La nouvelle querelle scolaire
Le Figaro Littéraire, jeudi 2 novembre 2000
LIVRES DE POCHES
ESSAI
L'École désoeuvrée de Laurent Jaffro et Jean-Baptiste Rauzy
Champs. Flammarion.
L'école est l'un des hauts lieux d'expression de la, querelle des Anciens et
des Modernes. C'est précisément cette querelle qui intéresse Laurent Jaffro
et Jean-Baptiste Rauzy, deux universitaires qui ont consigné leurs
principales réflexions sur la politique éducative actuelle dans un essai
incisif. Selon les auteurs, la politique éducative serait responsable d'un
renoncement à l'exigence de la transmission du savoir et des oeuvres.
Les deux professeurs de philosophie tentent d'étayer leur propos en
apportant leur éclairage sur quatre grands thèmes : la démocratisation de
l'enseignement, le didactisme, la pédagogie et la morale civique.

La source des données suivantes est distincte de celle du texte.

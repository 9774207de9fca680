-- ===== src/Transaction/Writes.antt =====
-- The writes of a repository: a unique index can refuse a row, and an update of a row that is not
-- there fails; and what bodies built from them leave.
use heritage_philippines_v.Prelude.{
  Bool, true, false, Option, none, some, [], ◌∷◌, ◌≡◌, refl, is_some,
}
use heritage_philippines_v.Transaction.Core.{
  Tx, ok, unique, unknown, pure, throw_failure, modify, require, or_throw, ◌>>=◌, ◌>>◌,
}
use heritage_philippines_v.Transaction.Rules.{
  Ensures, Ensures-ok, Ensures-err, then-Ensures, then_same,
}
use Prim.Native.String.{String}

-- A unique index refuses the write, or the write is done.
unfoldable pub write_unless : {S E : Type 0} → Bool → String → String → (S → S) → Tx S E (Unit {0})
unfolding throw_failure modify
write_unless true model_name column change s =
    throw_failure (unique (record { model_name = some model_name; fields = column ∷ [] })) s
write_unless false model_name column change s = modify change s

-- `update({ where: { id } })` of a row that is not there fails.
unfoldable pub updated_row : {S E A : Type 0} → (A → A) → Option A → Tx S E A
unfolding pure throw_failure
updated_row change none = throw_failure unknown
updated_row change (some row) = pure (change row)

pub none_of : {A : Type 0} (o : Option A) → is_some o ≡ false → o ≡ none
none_of none e = refl
none_of (some a) e = cc

module _ {S E : Type 0} (s : S) where
  -- The checks that a body ends with leave the store as it was.
  pub require-Ensures :
      (b : Bool) (e : E) → Ensures (λ (a : Unit {0}) t. (t ≡ s) × (b ≡ true)) (require b e s)
  unfolding require
  require-Ensures true e = Ensures-ok _ tt s (refl, refl)
  require-Ensures false e = Ensures-err _ _

  pub or_throw-Ensures :
      {A : Type 0} (o : Option A) (e : E) → Ensures (λ a t. (t ≡ s) × (o ≡ some a)) (or_throw o e s)
  unfolding or_throw
  or_throw-Ensures none e = Ensures-err _ _
  or_throw-Ensures (some a) e = Ensures-ok _ a s (refl, refl)

module _ {S E : Type 0} where
  pub write_unless-Ensures :
      (taken : Bool) (model_name column : String) (change : S → S) (s : S)
      → Ensures {E = E}
          (λ (a : Unit {0}) t. (t ≡ change s) × (taken ≡ false))
          (write_unless taken model_name column change s)
  unfolding write_unless
  write_unless-Ensures true model_name column change s = Ensures-err _ _
  write_unless-Ensures false model_name column change s = Ensures-ok _ tt (change s) (refl, refl)

  module _ {A : Type 0} (Q : A → S → Type 0) where
    pub bind_updated :
        {B : Type 0} (change : B → B) (found : Option B) (k : B → Tx S E A) (s : S)
        → ((b : B) → found ≡ some b → Ensures Q (k (change b) s))
        → Ensures Q ((updated_row change found >>= k) s)
    unfolding updated_row ◌>>=◌
    bind_updated change none k s h = Ensures-err _ _
    bind_updated change (some b) k s h = h b refl

    -- A check of a unique index, and the rest of the write.
    pub then_free :
        (taken : Bool) (model_name column : String) (m : Tx S E A) (s : S)
        → (taken ≡ false → Ensures Q (m s))
        → Ensures Q ((write_unless taken model_name column (λ t. t) >> m) s)
    then_free taken model_name column m s h =
        then_same Q (taken ≡ false) _ m s (write_unless-Ensures taken model_name column (λ t. t) s)
          h

    -- The last index and the write itself.
    pub then_insert :
        (taken : Bool) (model_name column : String) (change : S → S) (m : Tx S E A) (s : S)
        → (taken ≡ false → Ensures Q (m (change s)))
        → Ensures Q ((write_unless taken model_name column change >> m) s)
    then_insert taken model_name column change m s h =
        then-Ensures Q (λ t. (t ≡ change s) × (taken ≡ false)) _ m s
          (write_unless-Ensures taken model_name column change s) (λ t e. rw e.0 (h e.1))

module _ {S E : Type 0} (s : S) where
  pub run_pure : {A : Type 0} (a : A) → pure {E = E} a s ≡ ok (a, s)
  unfolding pure
  run_pure a = refl
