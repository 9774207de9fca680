-- ===== src/Transaction/Retry.antt =====
-- apps/web/src/lib/serializable-transaction.ts: the bounded retry of a serializable transaction, and
-- the try/catch that every service function puts around it.
use heritage_philippines_v.Prelude.{ℕ, zero, suc, ◌+◌, ◌-◌, true, false, Option, none, some}
use heritage_philippines_v.Transaction.Core.{
  Failure, unique, write_conflict, retries_exhausted, unknown, Result, ok, err, Tx, Action,
  Schedule, Commit, committed, conflicted, violated, broken, is_retryable_write_conflict,
}

abbrev pub max_serializable_retries : ℕ
max_serializable_retries = 3

module _ {S E A : Type 0} where
  -- How the attempt over the store `s` ends: a failed one leaves the store as it was.
  abbrev pub settle : Commit → S → Result E (A × S) → Result E A × S
  settle committed s (err e) = (err e, s)
  settle committed s (ok (a, s')) = (ok a, s')
  settle conflicted s (err e) = (err e, s)
  settle conflicted s (ok (a, s')) = (err write_conflict, s)
  settle broken s (err e) = (err e, s)
  settle broken s (ok (a, s')) = (err unknown, s)
  settle (violated v) s (err e) = (err e, s)
  settle (violated v) s (ok (a, s')) = (err (unique v), s)

  -- `again` is the next turn of the loop; `none` means that no attempt is left.
  abbrev pub after_attempt : ℕ → Option (Action S E A) → Result E A × S → Result E A × S
  after_attempt attempt again (ok a, s) = (ok a, s)
  after_attempt attempt again (err e, s) = elim (is_retryable_write_conflict e) [
    | false ↦ (err e, s)
    | true ↦ elim again [ none ↦ (err (retries_exhausted attempt), s) | some next ↦ next s ]
  ]

  -- `for (let attempt = 1; ; attempt += 1)`; `left` is how many attempts may follow this one.
  unfoldable pub retry_loop : ℕ → ℕ → Schedule S → Tx S E A → Action S E A
  unfolding is_retryable_write_conflict
  retry_loop zero attempt schedule fn s =
      let now = schedule.attempt attempt in
      let start = now.others s in after_attempt attempt none (settle now.outcome start (fn start))
  retry_loop (suc left) attempt schedule fn s =
      let now = schedule.attempt attempt in
      let start = now.others s in
      after_attempt attempt (some (retry_loop left (attempt + 1) schedule fn))
        (settle now.outcome start (fn start))

  unfoldable pub run_serializable_with_retry : Schedule S → Tx S E A → Action S E A
  unfolding retry_loop
  run_serializable_with_retry = retry_loop (max_serializable_retries - 1) 1

  abbrev pub handle : (Failure E → Action S E A) → Result E A × S → Result E A × S
  handle handler (ok a, s) = (ok a, s)
  handle handler (err e, s) = handler e s

  -- `try { return await m } catch (error) { ... }`
  unfoldable pub with_handler : Action S E A → (Failure E → Action S E A) → Action S E A
  with_handler m handler s = handle handler (m s)

  abbrev pub answer_at : S → Result E (A × S) → Result E A × S
  answer_at now (ok (a, t)) = (ok a, now)
  answer_at now (err e) = (err e, now)

  -- A read outside the transaction, after others have committed: it changes nothing.
  unfoldable pub read_now : Schedule S → Tx S E A → Action S E A
  read_now schedule fn s = answer_at (schedule.settled s) (fn (schedule.settled s))
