-- ===== src/Transaction.antt =====
-- Database transactions: apps/web/src/lib/serializable-transaction.ts and
-- apps/web/src/lib/prisma-errors.ts. A transaction body reads and writes a store and may throw; what
-- it wrote before a throw is rolled back, so a failure carries no store.
pub mod Core
pub mod Retry
pub mod Rules
pub mod Laws
pub mod Bound
pub mod Runs
pub mod Safe
pub mod Writes
mod Tests
pub use Core.{
  Failure, domain, unique, write_conflict, retries_exhausted, unknown, UniqueViolation, Result, ok,
  err, Tx, Action, Schedule, Attempt, Commit, committed, conflicted, violated, broken,
}
unfoldable pub use Core.{
  pure, throw, throw_failure, gets, modify, write, ◌>>=◌, ◌>>◌, require, or_throw, or_else,
  is_retryable_write_conflict, is_unique_violation_on, is_residual_database_conflict,
}
unfoldable pub use Writes.{write_unless, updated_row}
unfoldable pub use Retry.{
  retry_loop, run_serializable_with_retry, with_handler, read_now, max_serializable_retries,
}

Deux camps alimenteraient la nouvelle querelle scolaire.
D'un côté les Anciens, c'est-à-dire une part importante du corps enseignant
des lycées et des collèges, de l'autre, les Modernes, qualifiés de "réformateurs zélés" qui auraient la lourde tâche, non seulement de
comprendre le malaise de l'école mais aussi d'administrer le remède à un
malade récalcitrant qui refuse de se soigner.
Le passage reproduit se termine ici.